PRTPlot {WVPlots} | R Documentation |
Plot Precision-Recall or Enrichment-Recall as a function of threshold.
Description
Plot classifier performance metrics as a function of threshold.
Usage
PRTPlot(
frame,
predVar,
truthVar,
truthTarget,
title,
...,
plotvars = c("precision", "recall"),
thresholdrange = c(-Inf, Inf),
linecolor = "black"
)
Arguments
frame |
data frame to get values from |
predVar |
name of the column of predicted scores |
truthVar |
name of the column of actual outcomes in frame |
truthTarget |
value we consider to be positive |
title |
title to place on plot |
... |
no unnamed argument, added to force named binding of later arguments. |
plotvars |
variables to plot, must be at least one of the measures listed below.

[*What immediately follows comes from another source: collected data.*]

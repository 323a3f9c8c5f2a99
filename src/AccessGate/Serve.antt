-- ===== src/AccessGate/Serve.antt =====
-- ServeHTTP with its permission watch, allowedAuthPath and Health.
pub mod Admission
pub mod Watching
use showroom_msp_chat_ui.Prelude.{
  ℕ, String, Bool, true, false, ◌&&◌, ◌||◌, not, Option, none, some, List, [], ◌∷◌, ◌==◌, ltb, eqb,
  if◌then◌else◌, length, any,
}
use showroom_msp_chat_ui.AccessGate.Header.{Header, get, values}
use showroom_msp_chat_ui.AccessGate.Authorize.{Identity, World, authorize}
use showroom_msp_chat_ui.Text.{equal_fold, clean, split, has_prefix, trim_space}
use showroom_msp_chat_ui.AccessGate.{Gate, err, ok, token_header}

pub record Request : Type 0 where
  pub host : String
  pub method : String
  pub path : String
  pub header : Header

-- What ServeHTTP does with a request: an error with its status and text, or the proxy with the
-- identity in the context and its expiry as the deadline. Either way Cache-Control is no-store.
pub data Outcome : Type 0 where
  refuse : ℕ → String → Outcome
  forward : Identity → Outcome

unfoldable pub is_unsafe : Request → Bool
is_unsafe r = not (r.method == "GET") && not (r.method == "HEAD") && not (r.method == "OPTIONS")

unfoldable pub is_upgrade : Request → Bool
unfolding equal_fold split trim_space
is_upgrade r =
    not (get "Upgrade" r.header == "")
    || any (λ value. any (λ token. equal_fold (trim_space token) "upgrade") (split b',' value))
        (values "Connection" r.header)

abbrev pub origin_is_bad : Gate → Request → Bool
origin_is_bad g r =
    let origin = get "Origin" r.header in
    ltb 1 (length (values "Origin" r.header))
    || (not (origin == "") && not (origin == g.config.public_url))
    || ((is_unsafe r || is_upgrade r) && origin == "")

unfoldable pub allowed_auth_path : String → Bool
allowed_auth_path p =
    p == "/api/v1/auths/signin"
    || p == "/api/v1/auths/signout"
    || p == "/api/v1/auths/update/profile"
    || p == "/api/v1/auths/update/timezone"

abbrev pub only : List String → Option String
only (token ∷ []) = some token
only _ = none

abbrev pub authorized : Gate → World → Option String → Outcome
authorized g w none = refuse 401 "Sign in required"
authorized g w (some token) = elim (authorize g.config w token) [
  | err e ↦ refuse 403 "Chat UI access denied"
  | ok identity ↦ forward identity
]

unfoldable pub serve : Gate → World → Request → Outcome
unfolding is_unsafe is_upgrade allowed_auth_path clean has_prefix
serve g w r =
    let p = clean r.path in
    if not (r.host == g.host)
    then refuse 400 "Invalid host"
    else if origin_is_bad g r
    then refuse 403 "Invalid origin"
    else if is_upgrade r && not (p == "/ws/socket.io")
    then refuse 403 "WebSocket route unavailable"
    else if has_prefix p "/api/v1/auths/" && not (allowed_auth_path p)
    then refuse 403 "Authentication managed by the platform"
    else authorized g w (only (values token_header r.header))

-- What the goroutine beside a forwarded request sees: a tick of its ticker, with what KCP and the
-- clock say then, or the end of the request's context.
pub data Event : Type 0 where
  tick : World → Event
  done : Event

pub data Watch : Type 0 where
  running ended cancelled : Watch

-- err == nil and the same identity
unfoldable pub recheck : Gate → String → String → World → Bool
recheck g token identity w = elim (authorize g.config w token) [
  | err e ↦ false
  | ok current ↦ current.name == identity
]

unfoldable pub watch : Gate → String → String → List Event → Watch
unfolding recheck
watch g token identity [] = running
watch g token identity (done ∷ events) = ended
watch g token identity (tick w ∷ events) = elim (recheck g token identity w) [
  | true ↦ watch g token identity events
  | false ↦ cancelled
]

-- The status of Health; `probe` is the status of the application's health page, `none` where the
-- request for it fails.
unfoldable pub health : String → String → Option ℕ → ℕ
health method path none = if not (method == "GET") || not (path == "/readyz") then 404 else 503
health method path (some status) =
    if not (method == "GET") || not (path == "/readyz")
    then 404
    else if not (eqb status 200)
    then 503
    else 200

Defaults to c("precision", "recall") |
thresholdrange |
range of thresholds to plot. |
linecolor |
line color for the plot |
Details
For a classifier, the precision is what fraction of predicted positives are true positives; the recall is what fraction of true positives the classifier finds, and the enrichment is the ratio of classifier precision to the average rate of positives. Plotting precision-recall or enrichment-recall as a function of classifier score helps identify a score threshold that achieves an acceptable tradeoff between precision and recall, or enrichment and recall.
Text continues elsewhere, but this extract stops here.